## THE INPUT
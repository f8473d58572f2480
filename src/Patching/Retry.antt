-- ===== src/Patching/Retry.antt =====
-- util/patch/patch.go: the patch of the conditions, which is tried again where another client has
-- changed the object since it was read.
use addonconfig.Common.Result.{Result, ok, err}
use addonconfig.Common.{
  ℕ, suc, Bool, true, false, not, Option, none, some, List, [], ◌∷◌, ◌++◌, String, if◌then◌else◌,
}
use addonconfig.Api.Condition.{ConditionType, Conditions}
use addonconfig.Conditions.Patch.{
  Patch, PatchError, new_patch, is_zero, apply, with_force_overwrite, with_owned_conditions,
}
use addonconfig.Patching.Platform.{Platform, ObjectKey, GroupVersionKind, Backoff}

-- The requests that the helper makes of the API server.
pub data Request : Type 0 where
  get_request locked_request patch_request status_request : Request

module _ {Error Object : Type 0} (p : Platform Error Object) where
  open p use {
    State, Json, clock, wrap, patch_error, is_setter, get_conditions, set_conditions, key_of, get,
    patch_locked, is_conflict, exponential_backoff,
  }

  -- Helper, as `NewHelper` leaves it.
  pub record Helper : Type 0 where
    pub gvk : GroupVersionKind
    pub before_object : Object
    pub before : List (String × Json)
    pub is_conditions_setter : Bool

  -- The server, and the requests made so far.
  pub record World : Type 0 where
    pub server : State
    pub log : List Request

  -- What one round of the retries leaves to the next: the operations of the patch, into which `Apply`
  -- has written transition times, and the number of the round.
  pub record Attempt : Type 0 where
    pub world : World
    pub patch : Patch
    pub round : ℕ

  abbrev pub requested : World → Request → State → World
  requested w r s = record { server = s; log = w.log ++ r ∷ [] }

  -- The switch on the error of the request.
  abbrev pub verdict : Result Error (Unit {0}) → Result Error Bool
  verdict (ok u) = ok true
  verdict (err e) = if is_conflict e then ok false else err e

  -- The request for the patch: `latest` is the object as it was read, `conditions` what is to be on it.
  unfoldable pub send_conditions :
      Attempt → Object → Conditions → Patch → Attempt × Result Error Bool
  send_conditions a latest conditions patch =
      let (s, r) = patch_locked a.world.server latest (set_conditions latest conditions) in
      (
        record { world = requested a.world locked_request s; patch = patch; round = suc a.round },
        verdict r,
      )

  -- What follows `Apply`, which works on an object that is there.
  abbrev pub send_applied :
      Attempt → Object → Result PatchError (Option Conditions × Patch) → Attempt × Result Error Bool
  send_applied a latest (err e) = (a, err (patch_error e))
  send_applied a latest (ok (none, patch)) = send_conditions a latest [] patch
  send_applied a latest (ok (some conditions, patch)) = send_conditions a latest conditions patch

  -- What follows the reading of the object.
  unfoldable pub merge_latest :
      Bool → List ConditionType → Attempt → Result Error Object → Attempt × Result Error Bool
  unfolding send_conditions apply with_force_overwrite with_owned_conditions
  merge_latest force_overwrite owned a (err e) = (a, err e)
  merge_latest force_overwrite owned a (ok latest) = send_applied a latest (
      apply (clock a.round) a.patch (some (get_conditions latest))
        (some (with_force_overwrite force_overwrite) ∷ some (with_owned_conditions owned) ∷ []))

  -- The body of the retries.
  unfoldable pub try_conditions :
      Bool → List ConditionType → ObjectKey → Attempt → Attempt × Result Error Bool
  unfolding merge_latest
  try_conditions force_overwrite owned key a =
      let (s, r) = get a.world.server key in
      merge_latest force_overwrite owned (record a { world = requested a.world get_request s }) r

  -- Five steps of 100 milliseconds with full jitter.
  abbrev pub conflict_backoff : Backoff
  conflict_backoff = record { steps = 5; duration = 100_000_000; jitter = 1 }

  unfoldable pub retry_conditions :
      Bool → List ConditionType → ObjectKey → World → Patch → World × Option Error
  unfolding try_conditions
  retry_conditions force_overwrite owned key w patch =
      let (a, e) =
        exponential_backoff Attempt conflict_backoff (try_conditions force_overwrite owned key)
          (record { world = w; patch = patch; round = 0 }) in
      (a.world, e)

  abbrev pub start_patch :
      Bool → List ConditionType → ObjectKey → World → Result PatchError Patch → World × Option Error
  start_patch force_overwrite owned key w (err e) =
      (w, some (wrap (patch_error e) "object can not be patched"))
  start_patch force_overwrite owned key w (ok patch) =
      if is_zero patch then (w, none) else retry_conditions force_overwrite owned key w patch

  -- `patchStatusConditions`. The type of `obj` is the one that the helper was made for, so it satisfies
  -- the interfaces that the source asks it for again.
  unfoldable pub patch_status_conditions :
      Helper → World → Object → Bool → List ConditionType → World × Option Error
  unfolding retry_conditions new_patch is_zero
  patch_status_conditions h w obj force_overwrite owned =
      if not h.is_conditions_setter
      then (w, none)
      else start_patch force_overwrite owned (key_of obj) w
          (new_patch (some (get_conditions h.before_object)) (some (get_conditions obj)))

## YOUR ASSIGNMENT
Search the material for the word "server" and report how many lines hold it. Add nothing else.

## SOLUTION
6